School of Women's and Infants' Health, The University of Western Australia, Perth, Western Australia, Australia.
PLoS One. 2013;8(1):e53897. doi: 10.1371/journal.pone.0053897. Epub 2013 Jan 17.
The timing of associations between common genetic variants and changes in growth patterns over childhood may provide insight into the development of obesity in later life. To address this question, it is important to define appropriate statistical models to allow for the detection of genetic effects influencing longitudinal childhood growth.
Children from The Western Australian Pregnancy Cohort (Raine; n=1,506) Study were genotyped at 17 genetic loci shown to be associated with childhood obesity (FTO, MC4R, TMEM18, GNPDA2, KCTD15, NEGR1, BDNF, ETV5, SEC16B, LYPLAL1, TFAP2B, MTCH2, BCDIN3D, NRXN3, SH2B1, MRSA) and an obesity-risk-allele-score was calculated as the total number of 'risk alleles' possessed by each individual. To determine the statistical method that fits these data and has the ability to detect genetic differences in BMI growth profile, four methods were investigated: linear mixed effects model, linear mixed effects model with skew-t random errors, semi-parametric linear mixed models and a non-linear mixed effects model. Of the four methods, the semi-parametric linear mixed model method was the most efficient for modelling childhood growth to detect modest genetic effects in this cohort. Using this method, three of the 17 loci were significantly associated with BMI intercept or trajectory in females and four in males. Additionally, the obesity-risk-allele score was associated with increased average BMI (female: β=0.0049, P=0.0181; male: β=0.0071, P=0.0001) and rate of growth (female: β=0.0012, P=0.0006; male: β=0.0008, P=0.0068) throughout childhood.

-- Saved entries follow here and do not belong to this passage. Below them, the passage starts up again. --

-- ===== src/Contract/Sessions/Status.antt =====
-- Asking for the status of a session: prove_status and verify_status of holder_sessions.rs.
use sec_s_magik.Base.{
  ℕ, ◌+◌, ◌≤◌, ◌<◌, min, ◌≡◌, subst, true, List, Text, ok, is_ok, Eq, list_eq, nat_eq, bne→eq,
  eq→beq, arith,
}
use sec_s_magik.Contract.Claims.{Wire}
use sec_s_magik.Contract.Codec.{Crypto, JsonLibrary, hex, public_hex, sign, verify}
use sec_s_magik.Contract.Version2.{Permission}
use sec_s_magik.Contract.Holder.{checked_add}
use sec_s_magik.Contract.Sessions.{
  Challenge, StatusRequest, SessionWire, status_schema, status_domain,
}
use sec_s_magik.Contract.Sessions.Protocol
use sec_s_magik.Contract.Codec.Laws.{CryptoLaws, verify-sign}
use sec_s_magik.Contract.Sessions.Windows.{well_structured, structure_at, structure_window}
use sec_s_magik.Contract.Sessions.Exchange.{structure_keys}
use sec_s_magik.Contract.Sessions.Presentations.{out_of_window_at}

module _ {SigningKey VerifyingKey Value : Type 0} ⦃e : Eq Value⦄
    (crypto : Crypto SigningKey VerifyingKey) (json : JsonLibrary Value)
    (permission_value : Permission Value → Value)
    (permissions_value : List (Permission Value) → Value) (wire : Wire (Permission Value) Value)
    (session_wire : SessionWire Value) where
  record IsAsked (c : Challenge Value) (now : ℕ) (session : SigningKey) (p : StatusRequest)
      : Type 0 where
    valid :
        Protocol.structure crypto json permission_value permissions_value wire session_wire c
          (Protocol.own_context crypto json permission_value permissions_value wire session_wire c)
          now
        ≡ ok tt
    good_nonce : is_ok (hex crypto 16 p.nonce) ≡ true
    own_key : public_hex crypto session ≡ c.session_public_key
    schema : p.schema ≡ status_schema
    request : p.request_id ≡ c.request_id
    challenge : p.challenge_id ≡ c.challenge_id
    issued : p.issued_at ≡ now
    expires : p.expires_at ≡ min (now + 60) c.expires_at
    signed :
        sign crypto json status_domain
          (Protocol.status_value crypto json permission_value permissions_value wire session_wire p)
          session
        ≡ ok p.signature

  IsAsked-facts :
      (c : Challenge Value) (nonce : Text) (now : ℕ) (session : SigningKey) (p : StatusRequest)
      → Protocol.prove_status crypto json permission_value permissions_value wire session_wire c
          nonce now session
        ≡ ok p
      → IsAsked c now session p
  unfolding Protocol.prove_status checked_add
  IsAsked-facts c nonce now session p h = record {
    valid = ground arith;
    good_nonce = ground arith;
    own_key = bne→eq (public_hex crypto session) c.session_public_key (ground arith);
    schema = ground arith;
    request = ground arith;
    challenge = ground arith;
    issued = ground arith;
    expires = ground arith;
    signed = ground arith;
  }

  -- Given the laws of the cryptography, a status request that a session key proves verifies in the
  -- challenge's own context from when it is made until the earlier of sixty seconds later and the
  -- end of the challenge.
  pub prove_status-verify :
      CryptoLaws crypto
      → (c : Challenge Value) (nonce : Text) (now t : ℕ) (session : SigningKey) (p : StatusRequest)
      → Protocol.prove_status crypto json permission_value permissions_value wire session_wire c
          nonce now session
        ≡ ok p
      → now ≤ t
      → t < min (now + 60) c.expires_at
      → Protocol.verify_status crypto json permission_value permissions_value wire session_wire c p
          (Protocol.own_context crypto json permission_value permissions_value wire session_wire c)
          t
        ≡ ok tt
  unfolding Protocol.verify_status
  prove_status-verify laws c nonce now t session p h later soon =
      let facts = IsAsked-facts c nonce now session p h in
      let own =
        Protocol.own_context crypto json permission_value permissions_value wire session_wire c in
      let (_, (v, good)) =
        structure_keys crypto json permission_value permissions_value wire session_wire c own now
          facts.valid in
      let (begun, _, _) = structure_window c own now (
        well_structured crypto json permission_value permissions_value wire session_wire c own now
          facts.valid) in
      let fresh =
        out_of_window_at c now t p.expires_at facts.expires begun later (rw facts.expires soon) in
      let valid_now =
        structure_at crypto json permission_value permissions_value wire session_wire c own now t
          facts.valid (omega (arith, begun, later)) (omega (arith, soon)) in
      let signed =
        subst
          (λ q.
            verify crypto json status_domain
              (Protocol.status_value crypto json permission_value permissions_value wire
                session_wire p)
              p.signature q
            ≡ ok tt)
          facts.own_key
          (verify-sign crypto laws json status_domain
            (Protocol.status_value crypto json permission_value permissions_value wire session_wire
              p)
            session v p.signature (rw facts.own_key good) facts.signed) in
      ground (
        arith,
        valid_now,
        facts.good_nonce,
        eq→beq p.schema status_schema facts.schema,
        eq→beq p.request_id c.request_id facts.request,
        eq→beq p.challenge_id c.challenge_id facts.challenge,
        facts.issued,
        fresh,
        signed,
      )
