-- ===== src/Contract/Snapshot.antt =====
-- The provider's bounded snapshot: provider_snapshot.rs of the grant contract crate.
use sec_s_magik.Base.{
  ◌≡◌, ◌≢◌, refl, Bool, true, false, ◌&&◌, ◌||◌, not, List, [], ◌∷◌, Text, Result, ok, ◌>>=◌, ◌>>◌,
  deny, each_after, Option, none, some, ◌==◌, ◌!=◌, list_eq, nat_eq, contains, any, find, length,
  ltb, arith, beq_refl, beq→eq, Bool-cases, Option-cases, inl, inr, >>=-eq-ok,
}
use sec_s_magik.Contract.{
  Refusal, check_text, invalid_provider_snapshot, wrong_snapshot_service,
  unsupported_resource_relation,
}
use sec_s_magik.Contract.Selector.{ResourceRef, ref_eq, ResourceSnapshot}
use sec_s_magik.Contract.Selector.Narrowing.{Answers}

pub record ResourceWitness : Type 0 where
  pub resource : ResourceRef
  pub ancestors : List ResourceRef

pub record ProviderSnapshot : Type 0 where
  pub service : Text
  pub relation : Text
  pub resources : List ResourceWitness

-- The inner loop of `ProviderSnapshot::validate`: one ancestor of a witness.
abbrev pub check_ancestor :
    ResourceWitness → List ResourceRef → ResourceRef → Result Refusal (Unit {0})
check_ancestor w seen a = do
  check_text a.kind
  check_text a.id
  deny (a == w.resource || contains seen a) invalid_provider_snapshot

-- The outer loop: one witness.
abbrev pub check_witness : List ResourceWitness → ResourceWitness → Result Refusal (Unit {0})
check_witness seen w = do
  check_text w.resource.kind
  check_text w.resource.id
  deny (any (λ x. x.resource == w.resource) seen || ltb 32 (length w.ancestors))
      invalid_provider_snapshot
  each_after (check_ancestor w) [] w.ancestors

unfoldable pub validate_snapshot : ProviderSnapshot → Result Refusal (Unit {0})
validate_snapshot p = do
  check_text p.service
  check_text p.relation
  deny (ltb 256 (length p.resources)) invalid_provider_snapshot
  each_after check_witness [] p.resources

abbrev pub witness_of : ProviderSnapshot → ResourceRef → Option ResourceWitness
witness_of p r = find (λ w. w.resource == r) p.resources

unfoldable pub exists : ProviderSnapshot → Text → ResourceRef → Result Refusal Bool
exists p service r = do
  validate_snapshot p
  deny (service != p.service) wrong_snapshot_service
  ok (any (λ w. w.resource == r) p.resources)

unfoldable pub supports_relation : ProviderSnapshot → Text → Text → Result Refusal Bool
supports_relation p service relation = do
  validate_snapshot p
  ok (service == p.service && relation == p.relation)

abbrev is_some_and : Option ResourceWitness → (ResourceWitness → Bool) → Bool
is_some_and none f = false
is_some_and (some w) f = f w

unfoldable pub is_descendant :
    ProviderSnapshot → Text → Text → ResourceRef → ResourceRef → Result Refusal Bool
is_descendant p service relation r root = do
  supported ← supports_relation p service relation
  deny (not supported) unsupported_resource_relation
  ok (is_some_and (witness_of p r) (λ w. contains w.ancestors root))

-- The implementation of the trait.
abbrev pub provider : ProviderSnapshot → ResourceSnapshot
provider p = record {
  exists = exists p;
  supports_relation = supports_relation p;
  is_descendant = is_descendant p;
}

-- A valid snapshot answers every question about its own service.
pub provider-Answers :
    (p : ProviderSnapshot) → validate_snapshot p ≡ ok tt → Answers (provider p) p.service
unfolding exists supports_relation is_descendant
provider-Answers p v = record {
  there = λ r. any (λ w. w.resource == r) p.resources;
  supports = λ relation. relation == p.relation;
  below = λ relation r root. is_some_and (witness_of p r) (λ w. contains w.ancestors root);
  exists_eq = λ r. ground (arith, v, beq_refl p.service);
  supports_eq = λ relation. ground (arith, v, beq_refl p.service);
  below_eq = λ relation r root known. ground (arith, v, known, beq_refl p.service);
}

no_self_ancestor :
    (w : ResourceWitness) (seen xs : List ResourceRef)
    → each_after (check_ancestor w) seen xs ≡ ok tt
    → contains xs w.resource ≡ false
no_self_ancestor w seen [] h = refl
no_self_ancestor w seen (x ∷ xs) h =
    let (u, here, later) =
      >>=-eq-ok (check_ancestor w seen x) (λ _. each_after (check_ancestor w) (x ∷ seen) xs) h in
    ground (arith, here, no_self_ancestor w (x ∷ seen) xs later)

found_not_self :
    (seen ws : List ResourceWitness) (r : ResourceRef) (w : ResourceWitness)
    → each_after check_witness seen ws ≡ ok tt
    → find (λ x. x.resource == r) ws ≡ some w
    → contains w.ancestors r ≡ false
found_not_self seen [] r w h f = cc
found_not_self seen (x ∷ ws) r w h f =
    let (u, here, later) =
      >>=-eq-ok (check_witness seen x) (λ _. each_after check_witness (x ∷ seen) ws) h in
    elim (Bool-cases (x.resource == r)) [
      | inl hit ↦ ground (
        arith,
        hit,
        here,
        beq→eq x.resource r hit,
        no_self_ancestor x [] x.ancestors (ground (arith, here)),
      )
      | inr miss ↦ found_not_self (x ∷ seen) ws r w later (ground (arith, miss))
    ]

-- No snapshot answers that a resource lies below itself, for any service and relation.
pub descendant_irreflexive :
    (p : ProviderSnapshot) (service relation : Text) (r : ResourceRef)
    → is_descendant p service relation r r ≢ ok true
unfolding is_descendant supports_relation validate_snapshot
descendant_irreflexive p service relation r h = elim (Option-cases (witness_of p r)) [
  | inl e ↦ ground (arith, e)
  | inr (w, e) ↦ ground (arith, e, found_not_self [] p.resources r w (ground (arith, e)) e)
]
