-- ===== src/Contract/Version1/Narrowing.antt =====
-- What `permissions_within` of lib.rs establishes: every permission of a credential is contained in
-- one permission of its grant.
use sec_s_magik.Base.{
  true, List, ok, Eq, list_eq, nat_eq, beq→eq, contains, all, any, any_witness, all-contains,
  any-contains, all_intro, ◌≡◌, arith,
}
use sec_s_magik.Contract.Codec.{JsonLibrary}
use sec_s_magik.Contract.Scope.{Node, scope_eq}
use sec_s_magik.Contract.Scope.Containment.{covers, scope_within_trans, covers_of_within}
use sec_s_magik.Contract.Version1.{Permission, permission_eq, permission_within, permissions_within}

module _ {Value : Type 0} ⦃e : Eq Value⦄ (json : JsonLibrary Value)
    (permissions_value : List (Permission Value) → Value) where
  -- One permission is contained in another.
  pub record IsContained (c p : Permission Value) : Type 0 where
    pub operation : c.operation ≡ p.operation
    pub resource : c.resource ≡ p.resource
    pub constraints : c.constraints ≡ p.constraints
    pub scope : (path : List Node) → covers c.scope path ≡ true → covers p.scope path ≡ true

  permission_within→IsContained :
      (c p : Permission Value) → permission_within c p ≡ true → IsContained c p
  unfolding permission_within
  permission_within→IsContained c p h = record {
    operation = beq→eq c.operation p.operation (ground arith);
    resource = beq→eq c.resource p.resource (ground arith);
    constraints = beq→eq c.constraints p.constraints (ground arith);
    scope = covers_of_within c.scope p.scope (ground arith);
  }

  permission_within_trans :
      (a b c : Permission Value)
      → permission_within a b ≡ true
      → permission_within b c ≡ true
      → permission_within a c ≡ true
  unfolding permission_within
  permission_within_trans a b c h k = ground (
    arith,
    beq→eq a.operation b.operation (ground arith),
    beq→eq a.resource b.resource (ground arith),
    beq→eq a.constraints b.constraints (ground arith),
    scope_within_trans a.scope b.scope c.scope,
  )

  all_within :
      (child parent : List (Permission Value))
      → permissions_within json permissions_value child parent ≡ ok tt
      → all (λ c. any (permission_within c) parent) child ≡ true
  unfolding permissions_within
  all_within child parent h = ground arith

  -- When the check of version 1 permissions passes, each child permission has a parent permission of
  -- the same operation, resource and constraints, whose scope covers every path that the child's does.
  pub permissions_within-IsContained :
      (child parent : List (Permission Value)) (c : Permission Value)
      → permissions_within json permissions_value child parent ≡ ok tt
      → contains child c ≡ true
      → (p : Permission Value) × (contains parent p ≡ true) × IsContained c p
  permissions_within-IsContained child parent c h m =
      let (p, held, inside) = any_witness (permission_within c) parent (
        all-contains (λ x. any (permission_within x) parent) child c (all_within child parent h)
          m) in
      (p, held, permission_within→IsContained c p inside)

  -- Where the check of version 1 permissions passes for a first and a second list, and for the
  -- second and a third, it passes for the first and the third.
  pub permissions_within_trans :
      (a b c : List (Permission Value))
      → permissions_within json permissions_value a b ≡ ok tt
      → permissions_within json permissions_value b c ≡ ok tt
      → permissions_within json permissions_value a c ≡ ok tt
  unfolding permissions_within
  permissions_within_trans a b c h k =
      let through : all (λ x. any (permission_within x) c) a ≡ true =
        all_intro (λ x. any (permission_within x) c) a
          λ x m.
            let (y, held, inside) =
              any_witness (permission_within x) b
                (all-contains (λ z. any (permission_within z) b) a x (all_within a b h) m) in
            let (z, held', inside') =
              any_witness (permission_within y) c
                (all-contains (λ z. any (permission_within z) c) b y (all_within b c k) held) in
            any-contains (permission_within x) c z held'
              (permission_within_trans x y z inside inside') in
      ground (arith, h, k, through)
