-- ===== src/Contract/Version1/Documents.antt =====
-- The credentials of version 1, at the permissions of lib.rs.
use sec_s_magik.Base.{ℕ, ◌≡◌, true, List, ok, Eq, contains}
use sec_s_magik.Contract.Claims.{IssuerPin, Credential, Wire}
use sec_s_magik.Contract.Codec.{Crypto, JsonLibrary}
use sec_s_magik.Contract.Holder
use sec_s_magik.Contract.Holder.Credentials.{verify_credential_narrows}
use sec_s_magik.Contract.Version1.{Permission, permission_eq, permissions_within, profile}
use sec_s_magik.Contract.Version1.Narrowing.{IsContained, permissions_within-IsContained}

module _ {SigningKey VerifyingKey Value : Type 0} ⦃e : Eq Value⦄
    (crypto : Crypto SigningKey VerifyingKey) (json : JsonLibrary Value)
    (permissions_value : List (Permission Value) → Value)
    (wire : Wire (Permission Value) Value) where
  checked :
      (child parent : List (Permission Value))
      → (profile json permissions_value).permissions_within child parent ≡ ok tt
      → permissions_within json permissions_value child parent ≡ ok tt
  unfolding profile
  checked child parent h = h

  -- Each permission of a version 1 credential that verifies is contained in one permission of its
  -- grant: the same operation, resource and constraints, and no path that the grant's does not cover.
  pub verify_credential-IsContained :
      (pin : IssuerPin) (c : Credential (Permission Value)) (now : ℕ) (p : Permission Value)
      → Holder.verify_credential crypto json wire (profile json permissions_value) pin c now ≡ ok tt
      → contains c.claims.permissions p ≡ true
      → (g : Permission Value) × (contains c.grant.claims.permissions g ≡ true)
        × IsContained json permissions_value p g
  verify_credential-IsContained pin c now p h m =
      let (_, _, narrower, _) =
        verify_credential_narrows crypto json wire (profile json permissions_value) pin c now h in
      permissions_within-IsContained json permissions_value c.claims.permissions
        c.grant.claims.permissions p
        (checked c.claims.permissions c.grant.claims.permissions narrower) m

Using statistical models appropriate to detect genetic variants, variations in adult obesity genes were associated with childhood growth. There were also differences between males and females. This study provides evidence of genetic effects that may identify individuals early in life that are more likely to rapidly increase their BMI through childhood, which provides some insight into the biology of childhood growth.
常见遗传变异与儿童期生长模式变化之间的关联时间可能为了解肥胖在以后生活中的发展提供线索。为了解决这个问题,重要的是要定义适当的统计模型,以检测影响儿童期纵向生长的遗传效应。

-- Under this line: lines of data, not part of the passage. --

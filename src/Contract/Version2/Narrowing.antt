-- ===== src/Contract/Version2/Narrowing.antt =====
-- What `permissions_within` of scoped_grants.rs establishes: the effects that a credential's
-- permission permits, one permission of its grant permits whole.
use sec_s_magik.Base.{
  Bool, true, false, List, [], ◌∷◌, Result, ok, Eq, ◌==◌, list_eq, nat_eq, beq→eq, beq_refl, bne→eq,
  contains, ◌≡◌, refl, arith, Bool-cases, Option-cases, Result-cases, inl, inr, length, subst, sym,
  ok_injective, >>=-eq-ok, if◌then◌else◌,
}
use sec_s_magik.Contract.{Refusal}
use sec_s_magik.Contract.Codec.{JsonLibrary}
use sec_s_magik.Contract.Selector.{ResourceSnapshot}
use sec_s_magik.Contract.Selector.Narrowing.{Answers}
use sec_s_magik.Contract.Compound.{
  RoleSelection, ResolvedRole, selection_of, roles_within, permits_effects, EffectContract,
  EffectRule, validate_rule, validate_plan, rule_permits,
}
use sec_s_magik.Contract.Compound.Narrowing.{effects_narrow}
use sec_s_magik.Contract.Version2.{
  Permission, permission_eq, found_within, roles_narrower, is_other, any_narrows, all_narrowed,
  permissions_within, effect_rule, validate,
}

-- A role that is narrower is within the parent's selection of that role.
roles_narrower→roles_within :
    (parent child : List RoleSelection)
    → roles_narrower parent child ≡ ok true
    → roles_within parent child ≡ ok true
unfolding roles_narrower roles_within found_within
roles_narrower→roles_within parent [] h = refl
roles_narrower→roles_within parent (role ∷ rest) h =
    elim (Option-cases (selection_of parent role.role)) [
      | inl absent ↦ ground (arith, absent)
      | inr (previous, there) ↦ ground (arith, there, roles_narrower→roles_within parent rest)
    ]

module _ {Value : Type 0} ⦃e : Eq Value⦄ where
  -- A parent permission that contains a child permission, by roles.
  pub record IsContained (c p : Permission Value) : Type 0 where
    pub operation : c.operation ≡ p.operation
    pub resource : c.resource ≡ p.resource
    pub constraints : c.constraints ≡ p.constraints
    pub count : length c.roles ≡ length p.roles
    pub roles : roles_within p.roles c.roles ≡ ok true

  narrows→IsContained :
      (c p : Permission Value)
      → is_other c p ≡ false
      → roles_narrower p.roles c.roles ≡ ok true
      → IsContained c p
  narrows→IsContained c p same h = record {
    operation = bne→eq c.operation p.operation (ground arith);
    resource = bne→eq c.resource p.resource (ground arith);
    constraints = bne→eq c.constraints p.constraints (ground arith);
    count = ground arith;
    roles = roles_narrower→roles_within p.roles c.roles h;
  }

  any_narrows_witness :
      (c : Permission Value) (parent : List (Permission Value))
      → any_narrows c parent ≡ ok true
      → (p : Permission Value) × (contains parent p ≡ true) × IsContained c p
  unfolding any_narrows
  any_narrows_witness c [] h = cc
  any_narrows_witness c (p ∷ rest) h =
      let first : Result Refusal Bool =
        if is_other c p then ok false else roles_narrower p.roles c.roles in
      elim (Result-cases first) [
        | inr (e, refused) ↦ ground (arith, refused, h)
        | inl (true, narrower) ↦ (
          p,
          ground (arith, beq_refl p),
          narrows→IsContained c p (ground (arith, narrower)) (ground (arith, narrower)),
        )
        | inl (false, wider) ↦
            let (q, held, inside) = any_narrows_witness c rest (ground (arith, wider, h)) in
            (q, ground (arith, held), inside)
      ]

  all_narrowed_witness :
      (parent child : List (Permission Value)) (c : Permission Value)
      → all_narrowed parent child ≡ ok tt
      → contains child c ≡ true
      → any_narrows c parent ≡ ok true
  unfolding all_narrowed
  all_narrowed_witness parent [] c h m = cc
  all_narrowed_witness parent (x ∷ rest) c h m = elim (Bool-cases (x == c)) [
    | inl hit ↦ subst (λ y. any_narrows y parent ≡ ok true) (beq→eq x c hit) (ground (arith, h))
    | inr miss ↦ all_narrowed_witness parent rest c (ground (arith, h)) (ground (arith, miss, m))
  ]

module _ {Value : Type 0} ⦃e : Eq Value⦄ (json : JsonLibrary Value)
    (permission_value : Permission Value → Value)
    (permissions_value : List (Permission Value) → Value) where
  narrowed :
      (child parent : List (Permission Value))
      → permissions_within json permission_value permissions_value child parent ≡ ok tt
      → all_narrowed parent child ≡ ok tt
  unfolding permissions_within
  narrowed child parent h = ground arith

  -- When the check of version 2 permissions passes, each child permission has one parent permission
  -- of the same operation, resource, constraints and number of roles, whose selection of each role
  -- that the child selects is no narrower.
  pub permissions_within-IsContained :
      (child parent : List (Permission Value)) (c : Permission Value)
      → permissions_within json permission_value permissions_value child parent ≡ ok tt
      → contains child c ≡ true
      → (p : Permission Value) × (contains parent p ≡ true) × IsContained c p
  permissions_within-IsContained child parent c h m =
      any_narrows_witness c parent (all_narrowed_witness parent child c (narrowed child parent h) m)

  -- What `effect_rule` returns, and that it is valid.
  effect_rule_facts :
      (p : Permission Value) (contract : EffectContract) (rule : EffectRule)
      → effect_rule json permission_value p contract ≡ ok rule
      → (rule ≡ record { service = contract.service; operation = p.operation; roles = p.roles })
        × (validate_rule rule contract ≡ ok tt)
  unfolding effect_rule
  effect_rule_facts p contract rule h =
      let made : EffectRule = record {
        service = contract.service;
        operation = p.operation;
        roles = p.roles;
      } in
      let (u, checked, h1) = >>=-eq-ok (validate json permission_value p contract.service) _ h in
      let (v, valid, done) = >>=-eq-ok (validate_rule made contract) (λ _. ok made) h1 in
      let same = ok_injective done in
      (sym same, subst (λ r. validate_rule r contract ≡ ok tt) same valid)

  -- The rule of a permission under a contract permits the plan.
  pub record Permits (snapshot : ResourceSnapshot) (contract : EffectContract)
      (effects : List ResolvedRole) (p : Permission Value) : Type 0 where
    pub rule : EffectRule
    pub made : effect_rule json permission_value p contract ≡ ok rule
    pub permits : rule_permits snapshot rule contract effects ≡ ok true

  -- The selections of a parent permission permit each target of a plan that the child's rule permits.
  pub IsContained-permits_effects :
      (snapshot : ResourceSnapshot) (contract : EffectContract)
      → Answers snapshot contract.service
      → (effects : List ResolvedRole) (c p : Permission Value) → IsContained c p
      → Permits snapshot contract effects c
      → (validate_plan contract effects ≡ ok tt)
        × (permits_effects snapshot p.roles contract.service effects ≡ ok true)
  unfolding rule_permits
  IsContained-permits_effects snapshot contract answers effects c p inside permitted =
      let (own, _) = effect_rule_facts c contract permitted.rule permitted.made in
      let (u, ruled, planned) =
        >>=-eq-ok (validate_rule permitted.rule contract) _ permitted.permits in
      let (v, plan, loop) =
        >>=-eq-ok (validate_plan contract effects)
          (λ _. permits_effects snapshot permitted.rule.roles contract.service effects) planned in
      let narrow =
        subst
          (λ (r : EffectRule). permits_effects snapshot r.roles contract.service effects ≡ ok true)
          own loop in
      (
        plan,
        effects_narrow snapshot contract.service answers c.roles p.roles effects inside.roles
            narrow,
      )

  pub effect_rule-permits :
      (snapshot : ResourceSnapshot) (contract : EffectContract) (effects : List ResolvedRole)
      (p : Permission Value) (rule : EffectRule)
      → effect_rule json permission_value p contract ≡ ok rule
      → validate_plan contract effects ≡ ok tt
      → permits_effects snapshot p.roles contract.service effects ≡ ok true
      → rule_permits snapshot rule contract effects ≡ ok true
  unfolding rule_permits
  effect_rule-permits snapshot contract effects p rule made plan loop =
      let (form, valid) = effect_rule_facts p contract rule made in
      let own : permits_effects snapshot rule.roles contract.service effects ≡ ok true =
        subst
          (λ (r : EffectRule). permits_effects snapshot r.roles contract.service effects ≡ ok true)
          (sym form) loop in
      rw (valid, plan, own) refl
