-- ===== src/Contract/Version2/Documents.antt =====
-- The functions of scoped_grants.rs: those of version 1, over the names and permissions of version 2.
use sec_s_magik.Base.{ℕ, List, Text, Option, Result, Eq}
use sec_s_magik.Contract.{Refusal}
use sec_s_magik.Contract.Claims.{
  IssuerPin, GrantClaims, Grant, CredentialClaims, Credential, Proof, Wire,
}
use sec_s_magik.Contract.Codec.{Crypto, JsonLibrary}
use sec_s_magik.Contract.Holder
use sec_s_magik.Contract.Version2.{Permission, permission_eq, profile}

module _ {SigningKey VerifyingKey Value : Type 0} ⦃e : Eq Value⦄
    (crypto : Crypto SigningKey VerifyingKey) (json : JsonLibrary Value)
    (permission_value : Permission Value → Value)
    (permissions_value : List (Permission Value) → Value)
    (wire : Wire (Permission Value) Value) where
  unfoldable pub validate_grant :
      IssuerPin → GrantClaims (Permission Value) → ℕ → Result Refusal (Unit {0})
  validate_grant =
      Holder.validate_grant crypto json wire (profile json permission_value permissions_value)

  unfoldable pub issue_grant :
      IssuerPin
      → GrantClaims (Permission Value)
      → SigningKey
      → ℕ
      → Result Refusal (Grant (Permission Value))
  issue_grant =
      Holder.issue_grant crypto json wire (profile json permission_value permissions_value)

  unfoldable pub verify_grant : IssuerPin → Grant (Permission Value) → ℕ → Result Refusal (Unit {0})
  verify_grant =
      Holder.verify_grant crypto json wire (profile json permission_value permissions_value)

  unfoldable pub validate_credential :
      IssuerPin
      → Grant (Permission Value)
      → CredentialClaims (Permission Value)
      → ℕ
      → Result Refusal (Unit {0})
  validate_credential =
      Holder.validate_credential crypto json wire (profile json permission_value permissions_value)

  unfoldable pub derive_credential :
      IssuerPin
      → Grant (Permission Value)
      → List (Permission Value)
      → Option Text
      → (credential_id : Text) (issued_at expires_at : ℕ) → SigningKey
      → Result Refusal (Credential (Permission Value))
  derive_credential =
      Holder.derive_credential crypto json wire (profile json permission_value permissions_value)

  unfoldable pub verify_credential :
      IssuerPin → Credential (Permission Value) → ℕ → Result Refusal (Unit {0})
  verify_credential =
      Holder.verify_credential crypto json wire (profile json permission_value permissions_value)

  unfoldable pub present :
      IssuerPin
      → Credential (Permission Value)
      → Value
      → Text
      → ℕ
      → SigningKey
      → Result Refusal Proof
  present = Holder.present crypto json wire (profile json permission_value permissions_value)

  unfoldable pub verify_presentation :
      IssuerPin → Credential (Permission Value) → Value → Proof → ℕ → Result Refusal (Unit {0})
  verify_presentation =
      Holder.verify_presentation crypto json wire (profile json permission_value permissions_value)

在西澳大利亚妊娠队列研究(Raine;n=1506)中,对 17 个与儿童肥胖相关的遗传位点进行了基因分型(FTO、MC4R、TMEM18、GNPDA2、KCTD15、NEGR1、BDNF、ETV5、SEC16B、LYPLAL1、TFAP2B、MTCH2、BCDIN3D、NRXN3、SH2B1、MRSA),并计算了每个个体拥有的“风险等位基因”总数作为肥胖风险等位基因评分。为了确定适合这些数据的统计方法,并具有检测 BMI 生长曲线中遗传差异的能力,研究了四种方法:线性混合效应模型、具有偏斜 t 随机误差的线性混合效应模型、半参数线性混合模型和非线性混合效应模型。在这四种方法中,半参数线性混合模型方法最适合建模儿童生长,以检测该队列中的适度遗传效应。使用这种方法,在女性中,有 17 个位点中的 3 个与 BMI 截距或轨迹显著相关,而在男性中,有 4 个与 BMI 截距或轨迹显著相关。此外,肥胖风险等位基因评分与儿童期平均 BMI 增加相关(女性:β=0.0049,P=0.0181;男性:β=0.0071,P=0.0001)和生长速度(女性:β=0.0012,P=0.0006;男性:β=0.0008,P=0.0068)。
使用适当的检测遗传变异的统计模型,成年肥胖基因的变异与儿童生长有关。男性和女性之间也存在差异。这项研究提供了遗传效应的证据,这些证据可能会在生命早期识别出更有可能通过儿童期快速增加 BMI 的个体,这为儿童生长的生物学提供了一些见解。